[Saved data entries]

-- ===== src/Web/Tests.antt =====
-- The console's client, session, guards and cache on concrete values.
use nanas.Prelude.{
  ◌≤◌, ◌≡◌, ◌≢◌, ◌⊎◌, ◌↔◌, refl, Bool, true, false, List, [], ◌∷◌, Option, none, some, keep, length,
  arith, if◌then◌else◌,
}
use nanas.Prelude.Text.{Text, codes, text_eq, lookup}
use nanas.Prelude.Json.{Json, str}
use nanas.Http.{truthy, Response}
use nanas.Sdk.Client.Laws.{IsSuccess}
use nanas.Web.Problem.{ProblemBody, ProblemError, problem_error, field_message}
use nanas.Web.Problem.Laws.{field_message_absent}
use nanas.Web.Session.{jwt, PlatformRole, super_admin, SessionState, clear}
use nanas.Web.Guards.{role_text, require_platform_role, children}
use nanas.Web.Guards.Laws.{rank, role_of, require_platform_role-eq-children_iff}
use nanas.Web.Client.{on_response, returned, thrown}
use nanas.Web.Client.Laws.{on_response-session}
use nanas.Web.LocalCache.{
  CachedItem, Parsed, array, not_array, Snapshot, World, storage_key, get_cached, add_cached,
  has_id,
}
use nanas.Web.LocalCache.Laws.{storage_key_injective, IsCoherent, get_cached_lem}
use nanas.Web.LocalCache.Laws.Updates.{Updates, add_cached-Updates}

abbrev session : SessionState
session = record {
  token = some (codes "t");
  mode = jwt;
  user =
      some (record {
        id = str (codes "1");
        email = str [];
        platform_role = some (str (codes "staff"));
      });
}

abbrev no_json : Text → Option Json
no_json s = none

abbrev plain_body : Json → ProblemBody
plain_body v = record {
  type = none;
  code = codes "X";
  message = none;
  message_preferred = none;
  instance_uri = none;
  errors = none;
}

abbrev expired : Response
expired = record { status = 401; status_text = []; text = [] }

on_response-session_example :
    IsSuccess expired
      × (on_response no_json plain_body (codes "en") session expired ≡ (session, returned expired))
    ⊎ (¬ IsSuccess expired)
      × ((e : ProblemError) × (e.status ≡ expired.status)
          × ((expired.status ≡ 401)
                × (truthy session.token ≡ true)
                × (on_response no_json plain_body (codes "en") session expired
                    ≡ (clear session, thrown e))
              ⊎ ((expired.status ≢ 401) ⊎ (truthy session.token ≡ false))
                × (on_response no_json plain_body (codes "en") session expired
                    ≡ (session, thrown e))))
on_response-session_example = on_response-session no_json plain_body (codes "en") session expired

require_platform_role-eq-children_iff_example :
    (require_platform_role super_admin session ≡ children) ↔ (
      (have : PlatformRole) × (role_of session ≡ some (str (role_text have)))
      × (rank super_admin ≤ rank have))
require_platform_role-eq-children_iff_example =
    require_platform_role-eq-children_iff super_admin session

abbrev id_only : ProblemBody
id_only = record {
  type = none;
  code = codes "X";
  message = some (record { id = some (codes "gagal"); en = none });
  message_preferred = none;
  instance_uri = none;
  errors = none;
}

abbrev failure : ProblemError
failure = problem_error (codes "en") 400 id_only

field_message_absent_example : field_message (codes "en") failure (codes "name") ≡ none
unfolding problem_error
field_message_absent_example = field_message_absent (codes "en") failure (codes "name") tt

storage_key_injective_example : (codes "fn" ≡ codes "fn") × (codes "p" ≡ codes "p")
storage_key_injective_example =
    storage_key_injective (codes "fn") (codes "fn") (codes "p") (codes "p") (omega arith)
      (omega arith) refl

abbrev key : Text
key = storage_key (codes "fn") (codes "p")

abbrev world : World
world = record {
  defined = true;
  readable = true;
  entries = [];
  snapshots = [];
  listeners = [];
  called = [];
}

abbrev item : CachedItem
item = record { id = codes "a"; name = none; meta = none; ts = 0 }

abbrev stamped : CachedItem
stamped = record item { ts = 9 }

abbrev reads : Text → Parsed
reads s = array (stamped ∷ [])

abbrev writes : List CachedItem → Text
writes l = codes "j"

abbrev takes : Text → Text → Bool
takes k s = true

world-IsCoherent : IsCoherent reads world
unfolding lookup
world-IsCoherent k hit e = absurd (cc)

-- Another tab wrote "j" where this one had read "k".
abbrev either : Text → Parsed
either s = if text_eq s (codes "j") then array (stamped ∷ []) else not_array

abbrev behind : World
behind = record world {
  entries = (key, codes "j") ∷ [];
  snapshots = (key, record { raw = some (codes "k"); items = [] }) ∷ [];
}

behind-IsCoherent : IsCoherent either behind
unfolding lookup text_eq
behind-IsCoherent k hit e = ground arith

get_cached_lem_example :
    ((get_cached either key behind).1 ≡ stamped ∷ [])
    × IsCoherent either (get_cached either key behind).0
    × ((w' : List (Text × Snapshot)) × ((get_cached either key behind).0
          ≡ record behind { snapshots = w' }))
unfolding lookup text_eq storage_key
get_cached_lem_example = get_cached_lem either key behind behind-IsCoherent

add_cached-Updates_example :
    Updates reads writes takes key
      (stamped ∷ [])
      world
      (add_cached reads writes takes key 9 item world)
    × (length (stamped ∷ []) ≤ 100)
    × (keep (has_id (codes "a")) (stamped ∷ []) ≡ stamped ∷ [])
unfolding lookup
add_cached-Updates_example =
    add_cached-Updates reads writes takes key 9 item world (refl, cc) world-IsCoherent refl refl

### EXERCISE DIRECTIONS
Exactly as written, please transcribe the lines from the start of the records above to the line that holds "email = str [];", both ends included.

### RESULT
-- ===== src/Web/Tests.antt =====
-- The console's client, session, guards and cache on concrete values.
use nanas.Prelude.{
  ◌≤◌, ◌≡◌, ◌≢◌, ◌⊎◌, ◌↔◌, refl, Bool, true, false, List, [], ◌∷◌, Option, none, some, keep, length,
  arith, if◌then◌else◌,
}
use nanas.Prelude.Text.{Text, codes, text_eq, lookup}
use nanas.Prelude.Json.{Json, str}
use nanas.Http.{truthy, Response}
use nanas.Sdk.Client.Laws.{IsSuccess}
use nanas.Web.Problem.{ProblemBody, ProblemError, problem_error, field_message}
use nanas.Web.Problem.Laws.{field_message_absent}
use nanas.Web.Session.{jwt, PlatformRole, super_admin, SessionState, clear}
use nanas.Web.Guards.{role_text, require_platform_role, children}
use nanas.Web.Guards.Laws.{rank, role_of, require_platform_role-eq-children_iff}
use nanas.Web.Client.{on_response, returned, thrown}
use nanas.Web.Client.Laws.{on_response-session}
use nanas.Web.LocalCache.{
  CachedItem, Parsed, array, not_array, Snapshot, World, storage_key, get_cached, add_cached,
  has_id,
}
use nanas.Web.LocalCache.Laws.{storage_key_injective, IsCoherent, get_cached_lem}
use nanas.Web.LocalCache.Laws.Updates.{Updates, add_cached-Updates}

abbrev session : SessionState
session = record {
  token = some (codes "t");
  mode = jwt;
  user =
      some (record {
        id = str (codes "1");
        email = str [];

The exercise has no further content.